[Data under study — start]

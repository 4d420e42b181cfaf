-- ===== src/Storage/Service/Quota.antt =====
-- The check of the quota (checkQuota in internal/storage/service.go): one that passes leaves room.
use mathlib.Core.Path.{subst}
use prappser_spaces.Base.{
  ◌+◌, ◌<◌, String, ◌≡◌, refl, Bool, true, false, not, ◌||◌, [], ◌∷◌, inl, inr, arith, Bool-cases,
}
use prappser_spaces.Base.Int.{
  ℤ, pos, ◌+ℤ◌, ◌≤ℤ◌, ltb_ℤ, leb_ℤ, eqb_ℤ, pos_part, half64, wrap64, wrap64_exact, IsInt64,
}
use prappser_spaces.Result.{ok, guard-eq-ok, storage_quota_exceeded}
use prappser_spaces.Storage.Repository.{Table, sum_sizes, get_used_bytes_by_uploader}
use prappser_spaces.Storage.Repository.Sums.{sum_sizes_counted}
use prappser_spaces.Storage.Repository.Within.{IsWithin, HasRoom}
use prappser_spaces.Storage.Run.{Service, State}
use prappser_spaces.Storage.Run.Hoare.{
  Hoare, OfTable, bind-Hoare, lift-Hoare, query-Hoare, weaken-Hoare, answered,
}
use prappser_spaces.Storage.Service.{check_quota, check_used}

-- A service with a quota that int64 can add a file to.
pub record IsLimited {Disk : Type 0} (o : Service Disk) : Type 0 where
  pub quota_on : leb_ℤ o.account_quota (pos 0) ≡ false
  pub no_overflow : pos_part o.account_quota + pos_part o.max_file_size < half64

sum-IsInt64 :
    (used size quota max : ℤ)
    → pos 0 ≤ℤ used
    → used ≤ℤ quota
    → pos 0 ≤ℤ size
    → ltb_ℤ max size ≡ false
    → pos_part quota + pos_part max < half64
    → IsInt64 (used +ℤ size)
sum-IsInt64 used size quota max a b c d e = (ground arith, ground arith)

not-false : (b : Bool) → not b ≡ true → b ≡ false
not-false b h = ground arith

fits : (quota used size : ℤ) → ltb_ℤ quota (used +ℤ size) ≡ false → size +ℤ used ≤ℤ quota
fits quota used size h = ground arith

get_used-sum :
    (key : String) (t : Table) (used : ℤ)
    → get_used_bytes_by_uploader key t ≡ ok used
    → used ≡ sum_sizes key t.rows
unfolding get_used_bytes_by_uploader
get_used-sum key t used e =
    elim (Bool-cases (eqb_ℤ (wrap64 (sum_sizes key t.rows)) (sum_sizes key t.rows))) [
      | inl x ↦ ground arith
      | inr x ↦ absurd (ground arith)
    ]

module _ {Disk : Type 0} (o : Service Disk) (l : IsLimited o) (size : ℤ) (n : pos 0 ≤ℤ size)
    (m : ltb_ℤ o.max_file_size size ≡ false) where
  -- A check that passes leaves room under the quota, also where the sum is not, as long as the
  -- addition does not overflow.
  checked-room :
      (bound : ℤ) (no_overflow : pos_part bound + pos_part o.max_file_size < half64) (key : String)
      (t : Table) (used : ℤ)
      → IsWithin key bound t
      → get_used_bytes_by_uploader key t ≡ ok used
      → check_used o used size ≡ ok tt
      → size +ℤ sum_sizes key t.rows ≤ℤ o.account_quota
  checked-room bound no_overflow key t used w e c =
      let sum = sum_sizes key t.rows in
      let exact : wrap64 (sum +ℤ size) ≡ sum +ℤ size = wrap64_exact (sum +ℤ size) (
        sum-IsInt64 sum size bound o.max_file_size (sum_sizes_counted key t.rows w.counted) w.within
          n m no_overflow) in
      let passed : ltb_ℤ o.account_quota (wrap64 (sum +ℤ size)) ≡ false =
        subst (λ u. ltb_ℤ o.account_quota (wrap64 (u +ℤ size)) ≡ false) (get_used-sum key t used e)
          (not-false (ltb_ℤ o.account_quota (wrap64 (used +ℤ size))) (
            guard-eq-ok (not (ltb_ℤ o.account_quota (wrap64 (used +ℤ size))))
              (storage_quota_exceeded ∷ []) c)) in
      fits o.account_quota sum size (subst (λ v. ltb_ℤ o.account_quota v ≡ false) exact passed)

  HasRoom-checked :
      (key uploader : String) (t : Table) (used : ℤ)
      → IsWithin key o.account_quota t
      → get_used_bytes_by_uploader uploader t ≡ ok used
      → check_used o used size ≡ ok tt
      → HasRoom key o.account_quota uploader size t
  HasRoom-checked key uploader t used w e c = record {
    now = w;
    room = λ u.
        checked-room o.account_quota l.no_overflow key t used w
          (subst (λ k. get_used_bytes_by_uploader k t ≡ ok used) u e) c;
  }

  exempt-case :
      (quota_exempt : Bool) (exempt : quota_exempt ≡ false)
      → (leb_ℤ o.account_quota (pos 0) || quota_exempt) ≡ false
  exempt-case quota_exempt exempt = rw (l.quota_on, exempt) refl

  -- The uploads of `key` are never exempt; those of another uploader may be.
  pub check_quota-Hoare :
      (key uploader : String) (quota_exempt : Bool)
      → (uploader ≡ key → quota_exempt ≡ false)
      → Hoare
          (OfTable (IsWithin key o.account_quota))
          (check_quota o uploader size quota_exempt)
          (λ _. OfTable (HasRoom key o.account_quota uploader size))
          (OfTable (IsWithin key o.account_quota))
  unfolding check_quota
  check_quota-Hoare key uploader quota_exempt h =
      elim (Bool-cases (leb_ℤ o.account_quota (pos 0) || quota_exempt)) [
        | inl x ↦ rw x (record {
          holds = λ s w. record {
            now = w;
            room = λ u. absurd (let no = exempt-case quota_exempt (h u) in ground arith);
          };
        })
        | inr x ↦ rw x (
            bind-Hoare (query-Hoare o.faults.on_used (get_used_bytes_by_uploader uploader)) (λ used.
              weaken-Hoare (λ a s k. HasRoom-checked key uploader s.table used k.0.0 k.0.1 k.1)
                (λ s k. k.0) (lift-Hoare (check_used o used size))))
      ]

  -- The same of the check as a whole, for an uploader that is not exempt.
  check_quota_in :
      (bound : ℤ) (no_overflow : pos_part bound + pos_part o.max_file_size < half64) (key : String)
      (t : Table)
      → IsWithin key bound t
      → Hoare {S = State Disk}
          (OfTable (λ u. u ≡ t))
          (check_quota o key size false)
          (λ _ _. size +ℤ sum_sizes key t.rows ≤ℤ o.account_quota)
          (OfTable (λ u. u ≡ t))
  unfolding check_quota
  check_quota_in bound no_overflow key t w = rw (exempt-case false refl) (
      bind-Hoare (query-Hoare o.faults.on_used (get_used_bytes_by_uploader key)) (λ used.
        weaken-Hoare
          (λ a s k.
            checked-room bound no_overflow key t used w
              (subst (λ u. get_used_bytes_by_uploader key u ≡ ok used) k.0.0 k.0.1) k.1)
          (λ s k. k.0) (lift-Hoare (check_used o used size))))

  pub check_quota-room :
      (bound : ℤ) (no_overflow : pos_part bound + pos_part o.max_file_size < half64) (key : String)
      (st : State Disk)
      → IsWithin key bound st.table
      → (check_quota o key size false st).0 ≡ ok tt
      → size +ℤ sum_sizes key st.table.rows ≤ℤ o.account_quota
  check_quota-room bound no_overflow key st w e =
      answered (λ _ _. size +ℤ sum_sizes key st.table.rows ≤ℤ o.account_quota)
        (OfTable (λ u. u ≡ st.table)) (check_quota o key size false st) tt
        ((check_quota_in bound no_overflow key st.table w).holds st refl) e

[Data under study — finish]

## Brief
Having read the records above, print them out again exactly.

## Exercise solution
repository 4d420e42b181cfaf
-- ===== src/Storage/Service/Quota.antt =====
-- The check of the quota (checkQuota in internal/storage/service.go): one that passes leaves room.
use mathlib.Core.Path.{subst}
use prappser_spaces.Base.{
  ◌+◌, ◌<◌, String, ◌≡◌, refl, Bool, true, false, not, ◌||◌, [], ◌∷◌, inl, inr, arith, Bool-cases,
}
use prappser_spaces.Base.Int.{
  ℤ, pos, ◌+ℤ◌, ◌≤ℤ◌, ltb_ℤ, leb_ℤ, eqb_ℤ, pos_part, half64, wrap64, wrap64_exact, IsInt64,
}
use prappser_spaces.Result.{ok, guard-eq-ok, storage_quota_exceeded}
use prappser_spaces.Storage.Repository.{Table, sum_sizes, get_used_bytes_by_uploader}
use prappser_spaces.Storage.Repository.Sums.{sum_sizes_counted}
use prappser_spaces.Storage.Repository.Within.{IsWithin, HasRoom}
use prappser_spaces.Storage.Run.{Service, State}
use prappser_spaces.Storage.Run.Hoare.{
  Hoare, OfTable, bind-Hoare, lift-Hoare, query-Hoare, weaken-Hoare, answered,
}
use prappser_spaces.Storage.Service.{check_quota, check_used}

-- A service with a quota that int64 can add a file to.
pub record IsLimited {Disk : Type 0} (o : Service Disk) : Type 0 where
  pub quota_on : leb_ℤ o.account_quota (pos 0) ≡ false
  pub no_overflow : pos_part o.account_quota + pos_part o.max_file_size < half64

sum-IsInt64 :
    (used size quota max : ℤ)
    → pos 0 ≤ℤ used
    → used ≤ℤ quota
    → pos 0 ≤ℤ size
    → ltb_ℤ max size ≡ false
    → pos_part quota + pos_part max < half64
    → IsInt64 (used +ℤ size)
sum-IsInt64 used size quota max a b c d e = (ground arith, ground arith)

not-false : (b : Bool) → not b ≡ true → b ≡ false
not-false b h = ground arith

fits : (quota used size : ℤ) → ltb_ℤ quota (used +ℤ size) ≡ false → size +ℤ used ≤ℤ quota
fits quota used size h = ground arith

get_used-sum :
    (key : String) (t : Table) (used : ℤ)
    → get_used_bytes_by_uploader key t ≡ ok used
    → used ≡ sum_sizes key t.rows
unfolding get_used_bytes_by_uploader
get_used-sum key t used e =
    elim (Bool-cases (eqb_ℤ (wrap64 (sum_sizes key t.rows)) (sum_sizes key t.rows))) [
      | inl x ↦ ground arith
      | inr x ↦ absurd (ground arith)
    ]

module _ {Disk : Type 0} (o : Service Disk) (l : IsLimited o) (size : ℤ) (n : pos 0 ≤ℤ size)
    (m : ltb_ℤ o.max_file_size size ≡ false) where
  -- A check that passes leaves room under the quota, also where the sum is not, as long as the
  -- addition does not overflow.
  checked-room :
      (bound : ℤ) (no_overflow : pos_part bound + pos_part o.max_file_size < half64) (key : String)
      (t : Table) (used : ℤ)
      → IsWithin key bound t
      → get_used_bytes_by_uploader key t ≡ ok used
      → check_used o used size ≡ ok tt
      → size +ℤ sum_sizes key t.rows ≤ℤ o.account_quota
  checked-room bound no_overflow key t used w e c =
      let sum = sum_sizes key t.rows in
      let exact : wrap64 (sum +ℤ size) ≡ sum +ℤ size = wrap64_exact (sum +ℤ size) (
        sum-IsInt64 sum size bound o.max_file_size (sum_sizes_counted key t.rows w.counted) w.within
          n m no_overflow) in
      let passed : ltb_ℤ o.account_quota (wrap64 (sum +ℤ size)) ≡ false =
        subst (λ u. ltb_ℤ o.account_quota (wrap64 (u +ℤ size)) ≡ false) (get_used-sum key t used e)
          (not-false (ltb_ℤ o.account_quota (wrap64 (used +ℤ size))) (
            guard-eq-ok (not (ltb_ℤ o.account_quota (wrap64 (used +ℤ size))))
              (storage_quota_exceeded ∷ []) c)) in
      fits o.account_quota sum size (subst (λ v. ltb_ℤ o.account_quota v ≡ false) exact passed)

  HasRoom-checked :
      (key uploader : String) (t : Table) (used : ℤ)
      → IsWithin key o.account_quota t
      → get_used_bytes_by_uploader uploader t ≡ ok used
      → check_used o used size ≡ ok tt
      → HasRoom key o.account_quota uploader size t
  HasRoom-checked key uploader t used w e c = record {
    now = w;
    room = λ u.
        checked-room o.account_quota l.no_overflow key t used w
          (subst (λ k. get_used_bytes_by_uploader k t ≡ ok used) u e) c;
  }

  exempt-case :
      (quota_exempt : Bool) (exempt : quota_exempt ≡ false)
      → (leb_ℤ o.account_quota (pos 0) || quota_exempt) ≡ false
  exempt-case quota_exempt exempt = rw (l.quota_on, exempt) refl

  -- The uploads of `key` are never exempt; those of another uploader may be.
  pub check_quota-Hoare :
      (key uploader : String) (quota_exempt : Bool)
      → (uploader ≡ key → quota_exempt ≡ false)
      → Hoare
          (OfTable (IsWithin key o.account_quota))
          (check_quota o uploader size quota_exempt)
          (λ _. OfTable (HasRoom key o.account_quota uploader size))
          (OfTable (IsWithin key o.account_quota))
  unfolding check_quota
  check_quota-Hoare key uploader quota_exempt h =
      elim (Bool-cases (leb_ℤ o.account_quota (pos 0) || quota_exempt)) [
        | inl x ↦ rw x (record {
          holds = λ s w. record {
            now = w;
            room = λ u. absurd (let no = exempt-case quota_exempt (h u) in ground arith);
          };
        })
        | inr x ↦ rw x (
            bind-Hoare (query-Hoare o.faults.on_used (get_used_bytes_by_uploader uploader)) (λ used.
              weaken-Hoare (λ a s k. HasRoom-checked key uploader s.table used k.0.0 k.0.1 k.1)
                (λ s k. k.0) (lift-Hoare (check_used o used size))))
      ]

  -- The same of the check as a whole, for an uploader that is not exempt.
  check_quota_in :
      (bound : ℤ) (no_overflow : pos_part bound + pos_part o.max_file_size < half64) (key : String)
      (t : Table)
      → IsWithin key bound t
      → Hoare {S = State Disk}
          (OfTable (λ u. u ≡ t))
          (check_quota o key size false)
          (λ _ _. size +ℤ sum_sizes key t.rows ≤ℤ o.account_quota)
          (OfTable (λ u. u ≡ t))
  unfolding check_quota
  check_quota_in bound no_overflow key t w = rw (exempt-case false refl) (
      bind-Hoare (query-Hoare o.faults.on_used (get_used_bytes_by_uploader key)) (λ used.
        weaken-Hoare
          (λ a s k.
            checked-room bound no_overflow key t used w
              (subst (λ u. get_used_bytes_by_uploader key u ≡ ok used) k.0.0 k.0.1) k.1)
          (λ s k. k.0) (lift-Hoare (check_used o used size))))

  pub check_quota-room :
      (bound : ℤ) (no_overflow : pos_part bound + pos_part o.max_file_size < half64) (key : String)
      (st : State Disk)
      → IsWithin key bound st.table
      → (check_quota o key size false st).0 ≡ ok tt
      → size +ℤ sum_sizes key st.table.rows ≤ℤ o.account_quota
  check_quota-room bound no_overflow key st w e =
      answered (λ _ _. size +ℤ sum_sizes key st.table.rows ≤ℤ o.account_quota)
        (OfTable (λ u. u ≡ st.table)) (check_quota o key size false st) tt
        ((check_quota_in bound no_overflow key st.table w).holds st refl) e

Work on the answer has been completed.